What needs to be done. Transcribe exactly the portion of the listing below that runs from the line containing "(asn : ℕ) → (is_unicast_link_local" through its last line.

Records for processing.
=-=-=-=-=

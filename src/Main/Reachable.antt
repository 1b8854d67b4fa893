-- ===== src/Main/Reachable.antt =====
-- What holds in every state that the service reaches: an invariant of each thing that can happen.
use dn42_autopeer.Base.{Option, none, some, Bool, true, false, ◌⊎◌, inl, inr}
use dn42_autopeer.Base.Text.{Text}
use dn42_autopeer.External.{External}
use dn42_autopeer.World.Types.{World}
use dn42_autopeer.World.Action.{Action}
use dn42_autopeer.World.Keeps.{Keeps, Keeps-call}
use dn42_autopeer.Persist.Consistent.{Consistent, Consistent-IsStable}
use dn42_autopeer.Challenge.Keeps.{new_authorizer-Keeps}
use dn42_autopeer.Manager.Consistent.Sync.{recover-Consistent}
use dn42_autopeer.Main.Boot.{Boot, started, panic, boot_next, ◌>>=◌, expect, expect_some, assert}
use dn42_autopeer.Main.Startup.{Env, open_store, load_wg_keypair, main}
use dn42_autopeer.Main.Consistent.{serve-Consistent, turn-Consistent, nft_reconcile-Consistent}
use dn42_autopeer.Main.System.{
  System, Happens, starts, serves, wakes, reconciles, stops, Run, here, after,
}

-- What holds before a part of the start holds after it, also if it panics.
record Leaves {A : Type 0} (P : World → Type 0) (m : Boot A) : Type 0 where
  at : (w : World) → P w → P (m w).1

module _ {P : World → Type 0} where
  module _ {A : Type 0} where
    Leaves-started : (a : A) → Leaves P (started a)
    unfolding started
    Leaves-started a = record { at = λ w h. h }

    Leaves-expect : (message : Text) (m : Action A) → Keeps P m → Leaves P (expect message m)
    unfolding expect
    Leaves-expect message m k = record { at = λ w h. k.at w h }

    Leaves-expect_some : (message : Text) (o : Option A) → Leaves P (expect_some message o)
    unfolding expect_some
    Leaves-expect_some message none = record { at = λ w h. h }
    Leaves-expect_some message (some a) = record { at = λ w h. h }

  Leaves-assert : (message : Text) (test : Bool) → Leaves P (assert message test)
  unfolding assert panic started
  Leaves-assert message true = record { at = λ w h. h }
  Leaves-assert message false = record { at = λ w h. h }

  module _ {A B : Type 0} where
    Leaves-bind :
        (m : Boot A) (f : A → Boot B) → Leaves P m → ((a : A) → Leaves P (f a)) → Leaves P (m >>= f)
    unfolding ◌>>=◌ boot_next
    Leaves-bind m f km kf = record { at = λ w h. go (m w).0 (m w).1 (km.at w h) }
      where
        go : (r : Text ⊎ A) (w : World) → P w → P (boot_next r f w).1
        go (inl message) w h = h
        go (inr a) w h = (kf a).at w h

ruleset leaves_rules =
    (Leaves-started, Leaves-expect, Leaves-expect_some, Leaves-assert, Leaves-bind)

module _ ⦃lib : External⦄ (env : Env) where
  load_wg_keypair-Leaves : {P : World → Type 0} → Leaves P (load_wg_keypair env)
  unfolding load_wg_keypair
  load_wg_keypair-Leaves = search leaves_rules depth 9

  main-Leaves : Leaves Consistent (main env)
  unfolding main open_store
  main-Leaves =
      search
        (
          leaves_rules, load_wg_keypair-Leaves, new_authorizer-Keeps, Consistent-IsStable,
          recover-Consistent, Keeps-call,
        )
        depth 14

module _ ⦃lib : External⦄ where
  Happens-Consistent : {s t : System} → Happens s t → Consistent s.world → Consistent t.world
  Happens-Consistent (starts env) h = (main-Leaves env).at _ h
  Happens-Consistent (serves request) h = (serve-Consistent _ request).at _ h
  Happens-Consistent (wakes wake) h = (turn-Consistent _ _ wake).at _ h
  Happens-Consistent reconciles h = nft_reconcile-Consistent.at _ h
  Happens-Consistent stops h = h

  -- From consistent tables, the service only reaches consistent tables, whatever requests, wakes,
  -- ticks, stops and starts happen, in whatever order and with whatever failures of the calls: no
  -- two rows of `peers` share an ID, a port, or an ASN and a name, and no two nonces are the same.
  pub Run-Consistent :
      (first last : System) → Consistent first.world → Run first last → Consistent last.world
  Run-Consistent first last h here = h
  Run-Consistent first last h (after run happens) =
      Happens-Consistent happens (Run-Consistent first _ h run)
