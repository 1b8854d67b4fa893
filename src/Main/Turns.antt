-- ===== src/Main/Turns.antt =====
-- src/main.rs: what a turn of `run_peer_change_listener` does, whatever fails.
use dn42_autopeer.Base.{
  ℕ, zero, suc, ◌<◌, ◌≡◌, refl, ap, ◌⊎◌, inl, inr, Bool, true, false, Option, none, some, arith,
  if◌then◌else◌,
}
use dn42_autopeer.Error.{PeerError}
use dn42_autopeer.Result.{Result, ok, err}
use dn42_autopeer.External.{External}
use dn42_autopeer.World.Types.{World, Failure}
use dn42_autopeer.World.Action.{Action, advance, call, outcome, settle, continue, pure, ◌>>=◌}
use dn42_autopeer.Manager.{PeerManager, sync_pending_peer_changes}
use dn42_autopeer.Main.Listener.{
  Phase, connecting, listening, Wake, notification, retry, sync_logged, after_listen, after_connect,
  after_recv, connect_listener, listen_once, turn,
}

-- The world when so many more calls have been answered, and have changed nothing.
abbrev pub skip : ℕ → World → World
skip zero w = w
skip (suc n) w = skip n (advance w)

-- The calls that a turn makes before it syncs: it connects and subscribes, it receives, or it was
-- woken by the timer.
abbrev pub calls : Phase → Wake → ℕ
calls connecting wake = 2
calls listening notification = 1
calls listening retry = 0

-- The first calls have not failed.
abbrev pub AreFine : ℕ → World → Type 0
AreFine n w = (i : ℕ) → i < n → (w.answers i).fault ≡ none

module _ {B : Type 0} (P : Result B × World → Type 0) where
  settle-branch :
      (f : Option Failure) (wrap : Failure → PeerError) (k : Result (Unit {0}) → Action B)
      (w : World)
      → (f ≡ none → P (k (ok tt) w))
      → ((x : Failure) → f ≡ some x → P (k (err (wrap x)) w))
      → P (k (settle f (λ v. v) wrap w).0 (settle f (λ v. v) wrap w).1)
  unfolding settle
  settle-branch none wrap k w hn hs = hn refl
  settle-branch (some x) wrap k w hn hs = either x.applied
    where
      either : (b : Bool) → P (k (err (wrap x)) (if b then w else w))
      either true = hs x refl
      either false = hs x refl

  -- A call with no effect, whose error is looked at.
  call-branch :
      (wrap : Failure → PeerError) (k : Result (Unit {0}) → Action B) (w : World)
      → ((w.answers 0).fault ≡ none → P (k (ok tt) (advance w)))
      → ((x : Failure) → (w.answers 0).fault ≡ some x → P (k (err (wrap x)) (advance w)))
      → P ((outcome (call (λ a v. v) wrap) >>= k) w)
  unfolding call outcome ◌>>=◌ continue
  call-branch wrap k w hn hs = settle-branch (w.answers 0).fault wrap k (advance w) hn hs

module _ ⦃lib : External⦄ (self : PeerManager) where
  -- The turn ends in the inner loop: its calls have succeeded, and then the pending changes were
  -- synced, in the world as it was.
  abbrev pub Synced : ℕ → World → Result Phase × World → Type 0
  Synced n w o =
      AreFine n w × (o.0 ≡ ok listening) × (o.1 ≡ (sync_pending_peer_changes self (skip n w)).1)

  -- The turn ends before the connection: one of its calls was the first to fail, and the turn did
  -- nothing else.
  abbrev pub Reconnects : ℕ → World → Result Phase × World → Type 0
  Reconnects n w o =
      (i : ℕ) × (i < n)
      × AreFine i w
      × ((x : Failure) × ((w.answers i).fault ≡ some x))
      × (o.0 ≡ ok connecting)
      × (o.1 ≡ skip (suc i) w)

  sync_logged-lem :
      (w : World) → sync_logged self w ≡ (ok listening, (sync_pending_peer_changes self w).1)
  unfolding sync_logged outcome pure ◌>>=◌ continue
  sync_logged-lem w = refl

  syncs : (n : ℕ) (w : World) → AreFine n w → Synced n w (sync_logged self (skip n w))
  syncs n w fine =
      let e = sync_logged-lem (skip n w) in
      (fine, ap (λ (o : Result Phase × World). o.0) e, ap (λ (o : Result Phase × World). o.1) e)

one : (w : World) → (w.answers 0).fault ≡ none → AreFine 1 w
one w e zero h = e
one w e (suc i) h = absurd (omega (arith, h))

-- A turn of the listener ends in one of two ways, whatever fails: each call that it makes before
-- the sync succeeds, the pending changes are synced in the world as it was, and the loop listens
-- on whether the sync fails or not; or one of these calls is the first to fail, nothing has been
-- changed, and the loop connects anew. The calls are two where the listener connects, one where it
-- receives a notification, and none where the timer wakes it.
pub turn-syncs :
    ⦃lib : External⦄ (self : PeerManager) (phase : Phase) (wake : Wake) (w : World)
    → Synced self (calls phase wake) w (turn self phase wake w)
      ⊎ Reconnects self (calls phase wake) w (turn self phase wake w)
unfolding turn connect_listener listen_once after_connect after_listen after_recv pure
turn-syncs self connecting wake w =
    call-branch (λ o. Synced self 2 w o ⊎ Reconnects self 2 w o) _ _ w
      (λ e.
        call-branch (λ o. Synced self 2 w o ⊎ Reconnects self 2 w o) _ _ (advance w)
          (λ f. inl (syncs self 2 w (two e f)))
          (λ x f. inr (1, omega arith, one w e, (x, f), refl, refl)))
      (λ x e. inr (0, omega arith, (λ i h. absurd (omega (arith, h))), (x, e), refl, refl))
  where
    two : (w.answers 0).fault ≡ none → (w.answers 1).fault ≡ none → AreFine 2 w
    two e f zero h = e
    two e f (suc zero) h = f
    two e f (suc (suc i)) h = absurd (omega (arith, h))
turn-syncs self listening notification w =
    call-branch (λ o. Synced self 1 w o ⊎ Reconnects self 1 w o) _ _ w
      (λ e. inl (syncs self 1 w (one w e)))
      (λ x e. inr (0, omega arith, (λ i h. absurd (omega (arith, h))), (x, e), refl, refl))
turn-syncs self listening retry w = inl (syncs self 0 w (λ i h. absurd (omega (arith, h))))
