-- ===== src/Manager/Addresses.antt =====
-- src/manager.rs: the addresses that are chosen for a peer without manual addresses.
use dn42_autopeer.Base.{ℕ, ◌≡◌, refl, ap, arith, ◌<◌, ◌^◌, true}
use dn42_autopeer.Ipv6.{Ipv6, IsIpv6, is_unicast_link_local}
use dn42_autopeer.Manager.State.{asn_link_local}

-- The address of an ASN is a link-local address, with segments of sixteen bits.
pub asn_link_local-IsIpv6 :
    (asn : ℕ) → (is_unicast_link_local (asn_link_local asn) ≡ true) × IsIpv6 (asn_link_local asn)
unfolding asn_link_local is_unicast_link_local
asn_link_local-IsIpv6 asn = (
  refl,
  (
    omega arith,
    omega arith,
    omega arith,
    omega arith,
    omega arith,
    omega arith,
    omega arith,
    omega arith,
  ),
)

-- Two ASNs of 32 bits with the same automatic address are the same, so where both ends of a session
-- between different networks have their automatic addresses, these differ.
pub asn_link_local_inj :
    (m n : ℕ) → m < 2 ^ 32 → n < 2 ^ 32 → asn_link_local m ≡ asn_link_local n → m ≡ n
unfolding asn_link_local
asn_link_local_inj m n hm hn e = omega (arith, ap (λ (a : Ipv6). a.s6) e, ap (λ (a : Ipv6). a.s7) e)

=-=-=-=-=

Solved problem.
    (asn : ℕ) → (is_unicast_link_local (asn_link_local asn) ≡ true) × IsIpv6 (asn_link_local asn)
unfolding asn_link_local is_unicast_link_local
asn_link_local-IsIpv6 asn = (
  refl,
  (
    omega arith,
    omega arith,
    omega arith,
    omega arith,
    omega arith,
    omega arith,
    omega arith,
    omega arith,
  ),
)

-- Two ASNs of 32 bits with the same automatic address are the same, so where both ends of a session
-- between different networks have their automatic addresses, these differ.
pub asn_link_local_inj :
    (m n : ℕ) → m < 2 ^ 32 → n < 2 ^ 32 → asn_link_local m ≡ asn_link_local n → m ≡ n
unfolding asn_link_local
asn_link_local_inj m n hm hn e = omega (arith, ap (λ (a : Ipv6). a.s6) e, ap (λ (a : Ipv6). a.s7) e)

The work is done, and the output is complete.